Vom Abstand her dürfte das kein Problem darstellen.
Bei mir steht der Rechner hinten ebenfalls sehr nah an der Wand, sogar direkt an einer Heizung (da ich sonst nirgends Platz habe).
Gravierende Temp-Probleme hatte ich damit bisher noch nicht - zumindest keine, die auf einen zu geringen Abstand schließen ließe.

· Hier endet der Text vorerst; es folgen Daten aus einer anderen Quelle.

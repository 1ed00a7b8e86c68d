-- ===== src/Casedef/Types.antt =====
-- What a scenario declares (casedef/case.go).
use deadlocker.Base.{ℕ, Bool, true, false, Option, List, Bytes, str}

-- The values that the YAML may give; `unknown` is any text that is none of them.
pub data Expectation : Type 0 where
  expect_ok expect_blocks expect_error expect_deadlock expect_timeout expect_any : Expectation
  unknown : Bytes → Expectation

unfoldable pub is_valid : Expectation → Bool
is_valid (unknown _) = false
is_valid _ = true

-- The text of an expectation.
unfoldable pub expectation_text : Expectation → Bytes
expectation_text expect_ok = str "ok"
expectation_text expect_blocks = str "blocks"
expectation_text expect_error = str "error"
expectation_text expect_deadlock = str "deadlock"
expectation_text expect_timeout = str "timeout"
expectation_text expect_any = str ""
expectation_text (unknown s) = s

pub record Actor : Type 0 where
  pub id : Bytes
  pub name : Bytes
  pub accent : Bytes

pub record DocLink : Type 0 where
  pub title : Bytes
  pub url : Bytes
  pub note : Bytes

-- The arguments, which may be of any type, are given by their texts.
pub record Step : Type 0 where
  pub actor : Bytes
  pub label : Bytes
  pub sql : Bytes
  pub args : List Bytes
  pub note : Bytes
  pub expect : Expectation

pub record MySqlConfig : Type 0 where
  pub image : Bytes
  pub isolation : Bytes
  pub lock_wait_timeout : ℕ
  pub deadlock_detect : Option Bool
  pub vars : List (Bytes × Bytes)
  pub prepared : Bool

pub record Case : Type 0 where
  pub id : Bytes
  pub name : Bytes
  pub category : Bytes
  pub description : Bytes
  pub tags : List Bytes
  pub mysql : MySqlConfig
  pub docs : List DocLink
  pub schema : List Bytes
  pub seed : List Bytes
  pub actors : List Actor
  pub steps : List Step
  pub path : Bytes
  pub built_in : Bool
  pub source : Bytes
  pub ephemeral : Bool
  pub draft_id : Bytes
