-- ===== src/Engine/Types.antt =====
-- The state of a run and of its steps (engine/run.go, engine/inspect.go).
use deadlocker.Base.{ℕ, Bool, Option, List, Bytes}
use deadlocker.Casedef.Types.{Expectation}

pub data StepStatus : Type 0 where
  step_pending step_running step_blocked step_done step_failed : StepStatus

pub data RunStatus : Type 0 where
  preparing ready running finished failed closed : RunStatus

pub data ErrorKind : Type 0 where
  deadlock timeout other : ErrorKind

pub record SqlError : Type 0 where
  pub code : ℕ
  pub sql_state : Bytes
  pub message : Bytes
  pub kind : ErrorKind
  pub hint : Bytes

-- `match`, `mismatch`, or nothing.
pub data Verdict : Type 0 where
  no_verdict matched mismatched : Verdict

pub record PlanRow : Type 0 where
  pub id : ℕ
  pub select_type : Bytes
  pub table : Bytes
  pub access : Bytes
  pub possible_keys : Bytes
  pub key : Bytes
  pub key_len : Bytes
  pub ref : Bytes
  pub rows : ℕ
  pub filtered : Bytes
  pub extra : Bytes
  pub explain : Bytes

pub record StepResult : Type 0 where
  pub index : ℕ
  pub actor : Bytes
  pub actor_name : Bytes
  pub accent : Bytes
  pub label : Bytes
  pub sql : Bytes
  pub note : Bytes
  pub status : StepStatus
  pub submitted_at : Option ℕ
  pub ended_at : Option ℕ
  pub duration_ms : ℕ
  pub columns : List Bytes
  pub rows : List (List Bytes)
  pub rows_truncated : Bool
  pub row_count : ℕ
  pub rows_affected : ℕ
  pub last_insert_id : ℕ
  pub error : Option SqlError
  pub blocked_by : List Bytes
  pub wait_explain : Bytes
  pub was_blocked : Bool
  pub plan : List PlanRow
  pub expect : Expectation
  pub actual : Expectation
  pub verdict : Verdict
  pub verdict_note : Bytes

-- What executing a statement gives (`stmtResult`).
pub record StmtResult : Type 0 where
  pub columns : List Bytes
  pub rows : List (List Bytes)
  pub row_count : ℕ
  pub truncated : Bool
  pub affected : ℕ
  pub last_insert_id : ℕ
  pub error : Option SqlError

-- `actorConn`: an actor's connection, or that of a console session. `connected` is `conn != nil`.
pub record Session : Type 0 where
  pub id : Bytes
  pub name : Bytes
  pub accent : Bytes
  pub standalone : Bool
  pub connected : Bool
  pub conn_id : ℕ
  pub busy : Bool
  pub in_trx : Bool
  pub step_index : ℕ
  pub console_id : ℕ

pub record Lock : Type 0 where
  pub actor : Bytes
  pub table : Bytes
  pub index : Bytes
  pub lock_type : Bytes
  pub lock_mode : Bytes
  pub lock_status : Bytes
  pub lock_data : Bytes
  pub lock_id : Bytes
  pub explain : Bytes

pub record LockWait : Type 0 where
  pub waiting_actor : Bytes
  pub blocking_actor : Bytes
  pub waiting_lock_id : Bytes
  pub blocking_lock_id : Bytes
  pub waiting_lock : Option Lock
  pub blocking_lock : Option Lock

-- The lists of transactions and of metadata locks, which are only shown, are left out.
pub record LockSnapshot : Type 0 where
  pub locks : List Lock
  pub waits : List LockWait

-- A statement typed into the console.
pub record ConsoleEntry : Type 0 where
  pub id : ℕ
  pub session : Bytes
  pub name : Bytes
  pub accent : Bytes
  pub standalone : Bool
  pub sql : Bytes
  pub status : StepStatus
  pub submitted_at : Option ℕ
  pub ended_at : Option ℕ
  pub duration_ms : ℕ
  pub columns : List Bytes
  pub rows : List (List Bytes)
  pub rows_truncated : Bool
  pub row_count : ℕ
  pub rows_affected : ℕ
  pub last_insert_id : ℕ
  pub error : Option SqlError
  pub blocked_by : List Bytes
  pub wait_explain : Bytes
  pub was_blocked : Bool
  pub plan : List PlanRow

-- `actors` is in the order of `actorOrder`, and `consoles` in that of `consoleOrder`. `ready_closed`
-- is whether the channel `ready` is closed. The handles (the box, the databases, the bus, the contexts)
-- and what only describes a run (its id, its case, its start, the progress of its preparation) are
-- left out.
pub record Run : Type 0 where
  pub status : RunStatus
  pub message : Bytes
  pub run_error : Bytes
  pub cursor : ℕ
  pub steps : List StepResult
  pub actors : List Session
  pub consoles : List Session
  pub console_seq : ℕ
  pub entry_seq : ℕ
  pub deadlock_report : Bytes
  pub is_closed : Bool
  pub ready_closed : Bool
  pub setup_error : Option Bytes
  pub last_locks : Option LockSnapshot
  pub interrupt : Bytes

-- What is published on the run's bus after a state change.
pub data Notice : Type 0 where
  step_notice : StepResult → Notice
  console_notice : ConsoleEntry → Notice
  locks_notice : LockSnapshot → Notice
  state_notice : Notice
  log_notice : Bytes → Bytes → Notice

Wenn du die Aufnahme von Staub reduzieren möchtest, empfiehlt es sich übrigens, den Rechner ein wenig zu erhöhen/aufzubocken.
Hab bei mir bspw. ein paar Stücke Filz unter die Füße vom Gehäuse geklebt, um den Abstand zum Boden zu erhöhen.
Das ist insbesondere bei sehr staubigen Böden oder Teppich hilfreich und begünstigt zudem die Belüftung an der Unterseite.


----------



## freezy94 (2. März 2015)

Der Abstand ist voll in Ordnung. Solange die Abwärme und Zuluft ohne Probleme ab- bzw. hintransportiert werden kann ist alles in Ordnung.


----------



## interpo21 (2. März 2015)

ich denke auch das es reicht. ich glaube auch nicht das da temperaturunterschiede zustande kommen. mein rechner steht auch direkt an der wand und leider auch an der heizung und ich habe auch keinerlei temperaturprobleme.


----------



## Crazylok (2. März 2015)

Mein Pc steht auch relativ nah an der wand, was ich bei mir feststellen musste das die abwärme von meinem Pc sich nicht mit der Tapete vertragen haben und diese sich dort verfärbt hat.
Da du wahrscheinlich auf der rechten Gehäuseseite keine Lüfter hast könntest du ihn auch näher an die Fußleiste rücken, der platz ist dann immer noch ausrechend.

Gruß
Crazylok


----------



## Ruptet (2. März 2015)

Temperatur wird schon passen, aber wie erwähnt entweder einen Staubfilter in die Front/Unten wegen dem Netzteil (?) oder zumindest erhöht hinstellen, sonst saugt dir das Ding den ganzen Staub vom Boden ins Gehäuse.


----------



## Adi1 (2. März 2015)

Naja, ich sehe das ein bisschen anders. 

Ich könnte mir schon vorstellen, das es da Probleme mit der Kühlung geben könnte.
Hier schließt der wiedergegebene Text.